# Profibus Gerät am Interbus betreiben



## olitheis (28 Juni 2006)

Hallo,
ich habe folgendes Problem: und zwar habe ich eine Steuerung (Schneider Momentum) mit Interbus Master. Jetzt müssen wir in letzter Sekunde (wie immer!) einen zusätzlichen Regler an diese Steuerung anschließen. Dieser Regler ist ein Prototyp speziell für unsere Anwendung (3-Achsregler, Position und Druck) und nur mit Profibus Schnittstelle zu bekommen. 
Und jetzt meine Frage: gibt es eine Möglichkeit dieses Profibus Gerät am Interbus zu betreiben.
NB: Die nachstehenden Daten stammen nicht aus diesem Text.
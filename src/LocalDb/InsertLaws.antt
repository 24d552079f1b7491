-- ===== src/LocalDb/InsertLaws.antt =====
-- `InsertRecord` against a store that compares and swaps.
use netsy.Base.{
  ℕ, ◌+◌, ◌≤◌, ◌<◌, ◌≡◌, refl, sym, ap, ◌∙◌, false, Option, none, some, List, ◌∷◌, arith, All,
  Bytes, bytes_equal, ◌==◌, Bool-cases, inl, inr, if◌then◌else◌,
}
use netsy.LocalDb.{
  Record, Db, DbError, create_key_exists, delete_key_not_found, compare_revision_failed, Result, ok,
  err, latest_for_key, latest_revision, live_row, live, revision_of, insert_row,
}
use netsy.LocalDb.Latest.{
  RowOk, IsWellFormed, OnSome, latest_for_key-OnSome, latest_for_key-le-latest, update_no_conflict,
  create_no_conflict, latest_for_key-newest, fresh-Distinct,
}
use netsy.LocalDb.Insert.{invalid_for_insert, insert_record}

-- What a client that knows the present row of the key may expect: a creation needs an absent key,
-- a deletion a present one, and the revision that the client names has to be the present one (0 for
-- an absent key).
abbrev pub refusal : Option Record → Record → Option DbError
refusal none r =
    if r.deleted
    then some delete_key_not_found
    else if r.prev_revision == 0
    then none
    else some compare_revision_failed
refusal (some current) r =
    if r.created
    then some create_key_exists
    else if r.prev_revision == current.revision
    then none
    else some compare_revision_failed

-- The first version of a key that was absent, or the next version of a present one.
abbrev pub next_version : Option Record → Record → ℕ → ℕ → Record
next_version current r latest now = record {
  revision = r.revision;
  key = r.key;
  created = r.created;
  deleted = r.deleted;
  create_revision = elim current [ none ↦ latest + 1 | some c ↦ c.create_revision ];
  prev_revision = r.prev_revision;
  version = if r.deleted then 0 else elim current [ none ↦ 1 | some c ↦ c.version + 1 ];
  lease = r.lease;
  dek = r.dek;
  value = r.value;
  created_at = some now;
  compacted_at = none;
  leader_id = r.leader_id;
  replicated_at = none;
  crc = 0;
}

abbrev pub answer : Db → Record → Option DbError → Result (Record × Db)
answer db row (some e) = err e
answer db row none = ok (row, record db { records = row ∷ db.records })

module _ (db : Db) (r : Record) (now : ℕ) (w : IsWellFormed db.records)
    (valid : invalid_for_insert r ≡ false) (new : latest_revision db.records < r.revision) where
  open db use {records}

  absent_case :
      (o : Option Record)
      → latest_for_key r.key records ≡ o
      → live_row o ≡ none
      → OnSome RowOk o
      → insert_record db r now false
        ≡ answer db (next_version none r (latest_revision records) now) (refusal none r)
  unfolding insert_record insert_row
  absent_case none e gone good =
      ground (
        arith,
        create_no_conflict (next_version none r (latest_revision records) now) records w.rows,
      )
  absent_case (some q) e gone good = ground (
    arith,
    good.tombstone_version,
    create_no_conflict (next_version none r (latest_revision records) now) records w.rows,
  )

  present_case :
      (q : Record)
      → latest_for_key r.key records ≡ some q
      → q.deleted ≡ false
      → RowOk q
      → insert_record db r now false
        ≡ answer db (next_version (some q) r (latest_revision records) now) (refusal (some q) r)
  unfolding insert_record insert_row
  present_case q e there good = ground (
    arith,
    good.positive,
    update_no_conflict (next_version (some q) r (latest_revision records) now) records w.rows,
  )

  cases :
      (o : Option Record)
      → latest_for_key r.key records ≡ o
      → OnSome RowOk o
      → insert_record db r now false
        ≡ answer db
            (next_version (live_row o) r (latest_revision records) now)
            (refusal (live_row o) r)
  cases none e good = absent_case none e refl good
  cases (some q) e good = elim (Bool-cases q.deleted) [
    | inl gone ↦ rw gone (absent_case (some q) e (ground arith) good)
    | inr there ↦ rw there (present_case q e there good)
  ]

  -- On a well-formed table, and for a valid record whose revision is above all of the table's,
  -- `InsertRecord`, where the statement itself does not fail, does what a store that compares and
  -- swaps does: it refuses with the same error, or it puts the next version of the key in front of the
  -- rows and changes no other.
  pub insert_record_lem :
      insert_record db r now false
      ≡ answer db
          (next_version (live r.key records) r (latest_revision records) now)
          (refusal (live r.key records) r)
  insert_record_lem =
      cases (latest_for_key r.key records) refl (latest_for_key-OnSome RowOk r.key records w.rows)

answer-inv :
    (db : Db) (expected : Record) (o : Option DbError) (row : Record) (after : Db)
    → answer db expected o ≡ ok (row, after)
    → (o ≡ none)
      × (row ≡ expected)
      × (after.records ≡ row ∷ db.records)
      × (after.compactions ≡ db.compactions)
answer-inv db expected none row after h = ground arith
answer-inv db expected (some x) row after h = ground arith

live-RowOk : (k : Bytes) (rs : List Record) → All RowOk rs → OnSome RowOk (live k rs)
live-RowOk k rs h = go (latest_for_key k rs) (latest_for_key-OnSome RowOk k rs h)
  where
    go : (o : Option Record) → OnSome RowOk o → OnSome RowOk (live_row o)
    go none p = tt
    go (some q) p = elim (Bool-cases q.deleted) [ inl e ↦ simp e tt | inr e ↦ simp e p ]

pub live-le-latest : (k : Bytes) (rs : List Record) → revision_of (live k rs) ≤ latest_revision rs
live-le-latest k rs = ground (arith, latest_for_key-le-latest k rs)

next_version-RowOk :
    (o : Option Record) (r : Record) (latest now : ℕ)
    → OnSome RowOk o
    → revision_of o ≤ latest
    → latest < r.revision
    → refusal o r ≡ none
    → RowOk (next_version o r latest now)
next_version-RowOk none r latest now good bound new agreed = ground arith
next_version-RowOk (some q) r latest now good bound new agreed =
    let created_before = good.create_le in ground arith

module _ (db : Db) (r : Record) (now : ℕ) (row : Record) (after : Db) (w : IsWellFormed db.records)
    (new : latest_revision db.records < r.revision)
    (inserted : insert_record db r now false ≡ ok (row, after)) where
  accepted : invalid_for_insert r ≡ false
  unfolding insert_record
  accepted = ground arith

  pub insert_record-inv :
      (refusal (live r.key db.records) r ≡ none)
      × (row ≡ next_version (live r.key db.records) r (latest_revision db.records) now)
      × (after.records ≡ row ∷ db.records)
      × (after.compactions ≡ db.compactions)
  insert_record-inv =
      answer-inv db _ (refusal (live r.key db.records) r) row after
        (sym (insert_record_lem db r now w accepted new) ∙ inserted)

  row_revision : row.revision ≡ r.revision
  row_revision = ap (λ (q : Record). q.revision) insert_record-inv.1

  row_key : row.key ≡ r.key
  row_key = ap (λ (q : Record). q.key) insert_record-inv.1

  row_deleted : row.deleted ≡ r.deleted
  row_deleted = ap (λ (q : Record). q.deleted) insert_record-inv.1

  -- After a successful insertion into a well-formed table the written key reads as the new row, or
  -- as absent if the row is a tombstone, and every other key reads as before.
  pub live-insert_record :
      (k : Bytes)
      → live k after.records ≡ (
          if bytes_equal r.key k then (if r.deleted then none else some row) else live k db.records)
  live-insert_record k = rw (insert_record-inv.2) (
      rw (latest_for_key-newest k row db.records (omega (arith, row_revision)))
        (ground (arith, row_key, row_deleted)))

  -- A successful insertion into a well-formed table keeps it well formed.
  pub insert_record-IsWellFormed : IsWellFormed after.records
  insert_record-IsWellFormed = rw (insert_record-inv.2) (record {
    rows = (row_ok, w.rows);
    distinct = (fresh-Distinct row.revision db.records newest, w.distinct);
  })
    where
      newest : latest_revision db.records < row.revision
      newest = omega (arith, row_revision)

      row_ok : RowOk row
      row_ok = rw (insert_record-inv.1) (
          next_version-RowOk (live r.key db.records) r (latest_revision db.records) now
            (live-RowOk r.key db.records w.rows) (live-le-latest r.key db.records) new
            insert_record-inv.0)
Ich müsste 6 Word an Daten hin und herschaufeln (anlagog und digital) können. 
Vielleicht hat ja jemand von euch ne Idee (Bus-Konverter oder so ...)

Vielen Dank schonmal
Oli


----------



## Maxl (28 Juni 2006)

Also das einzge, was ich auf die schnelle finden konnte ist diese Baugruppe:
http://www.profibus.com/member/phoenix_contact_gmbh___co__kg/products/article/4605/

Jedoch ist dies ein Teil welches nur Daten zwischen einem Interbus-Master und einem Profibus-Master schaufeln kann - nicht von einem Interbus-Master zu einem Profibus-Slave.

Damit ließe sich aber ein sehr unkonventionelles System aufbauen:
Dein Profibus-Slave hängt an einem zusätzlichen Profibus-Master (z.B. VIPA 214-DPM - ca. 700€). Dieser Master liest die Daten von Deinem Achskontroller per Profibus aus, und schickt sie über das oben genannte Gateway (welches dann am Profibus wie auch am Interbus hängt) zur Schneider-CPU.
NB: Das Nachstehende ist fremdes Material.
-- ===== src/LocalDb/NoConflict.antt =====
-- A row that `InsertRecord` returns clashes with no row that was there.
use std.Path.{subst}
use netsy.Base.{ℕ, ◌≡◌, refl, Bool, false, Option, none, some, inl, inr, Bool-cases, ltb}
use netsy.LocalDb.{Record, Db, Result, ok, err, unique_conflict, insert_row}
use netsy.LocalDb.Insert.{insert_record, insert_sql, insert_columns, returning, invalid_for_insert}

-- An inserted row clashes with no row of the table.
abbrev OnInserted : Db → Result (Record × Db) → Type 0
OnInserted db (err e) = Unit
OnInserted db (ok (row, after)) = unique_conflict row db.records ≡ false

returning-OnInserted : (db : Db) (row : Record) → OnInserted db (returning row (insert_row db row))
unfolding insert_row
returning-OnInserted db row = elim (Bool-cases (unique_conflict row db.records)) [
  | inl e ↦ simp e tt
  | inr e ↦ elim (Bool-cases (ltb row.revision 1)) [
    | inl low ↦ simp (e, low) tt
    | inr fine ↦ simp (e, fine) refl
  ]
]

insert_columns-OnInserted :
    (db : Db) (r : Record) (now : ℕ) (created deleted : Option Bool) (prev : Option ℕ)
    → OnInserted db (insert_columns db r now created deleted prev)
unfolding insert_columns
insert_columns-OnInserted db r now none deleted prev = tt
insert_columns-OnInserted db r now (some created) none prev = tt
insert_columns-OnInserted db r now (some created) (some deleted) none = tt
insert_columns-OnInserted db r now (some created) (some deleted) (some prev) =
    returning-OnInserted db _

insert_record-OnInserted :
    (db : Db) (r : Record) (now : ℕ) (fails : Bool) → OnInserted db (insert_record db r now fails)
unfolding insert_record insert_sql
insert_record-OnInserted db r now fails = elim (Bool-cases (invalid_for_insert r)) [
  | inl e ↦ simp e tt
  | inr valid ↦ elim (Bool-cases fails) [
    | inl e ↦ simp (valid, e) tt
    | inr e ↦ simp (valid, e) (insert_columns-OnInserted db r now _ _ _)
  ]
]

pub insert_record-free :
    (db : Db) (r : Record) (now : ℕ) (fails : Bool) (row : Record) (after : Db)
    → insert_record db r now fails ≡ ok (row, after)
    → unique_conflict row db.records ≡ false
insert_record-free db r now fails row after h =
    subst (OnInserted db) h (insert_record-OnInserted db r now fails)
Die VIPA-CPU ist dabei nichts anderes als ein reiner Datenschaufler.


Ansonsten fällt mir auch nichts brauchbares ein.

mfg
Maxl


----------



## olitheis (28 Juni 2006)

Hallo,
na das ist doch auf jeden Fall schon einmal eine Option. Die SPS hat auch einen Ethernet anschluss. Damit habe ich bis jetzt nur zwei SPS verbunden um Wireless online gehen zu können. Also Daten habe ich noch nicht wirklich über Ethernet geschrieben oder gelesen, also fehlen mir hier auch die Kenntnisse. Aber vielleicht gibt es ja auch ein Gateway in dieser Richtung. Bin echt für jeden Tip dankbar.
Gruß
Oli


----------



## olitheis (28 Juni 2006)

Ich habe dieses Modul hier noch gefunden:
http://www.hms-networks.de/products/abx_config.shtml

denkt Ihr, damit könnte ich in meinem Fall etwas anfangen?

Danke nochmal
Oli


----------



## Maxl (28 Juni 2006)

Falls die Schneider-Steuerung Modbus TCP beherrscht, könnte dieses Teil noch ganz interessant sein:


http://www.profibus.com/member/prosoft_technology_inc_/products/article/4653/

mfg
Maxl


----------



## Maxl (28 Juni 2006)

olitheis schrieb:
			
		

> Ich habe dieses Modul hier noch gefunden:
> http://www.hms-networks.de/products/abx_config.shtml
> 
> denkt Ihr, damit könnte ich in meinem Fall etwas anfangen?



Also auf den ersten Blick sieht das verdammt gut aus - aber Deine Steuerung sollte Modbus TCP beherrschen.


----------



## olitheis (28 Juni 2006)

Wie gesagt, meine Kenntnisse in Verwendung von Ethernet bei SPS Anwendungen halten sich (noch) in Grenzen. Wenn also die SPS das Modbus TCP Protokoll unterstützt, könnte ich den _Modbus TCP/IP Client/Server to PROFIBUS DP Master Gateway _also einsetzten. Mal sehen, ob ich das in Erfahrung bringen kann mit dem TCP.
Des Weiteren hat die SPS (auch) noch eine Modbus+ Schnittstelle.

Was hälst Du denn von der Anderen Lösung:
http://www.hms-networks.de/products/anybusx/AnyBus-X_Profibus-M_Interbus-S.htm ?

Danke
Oli


----------



## Maxl (30 Juni 2006)

olitheis schrieb:
			
		

> Was hälst Du denn von der Anderen Lösung:
> http://www.hms-networks.de/products/anybusx/AnyBus-X_Profibus-M_Interbus-S.htm


Wenn die Lieferzeit im Rahmen ist, wäre dieses Ding ebenfalls nicht schlecht.


----------



## olitheis (30 Juni 2006)

ich werds mal anfragen...
Danke
Oli


----------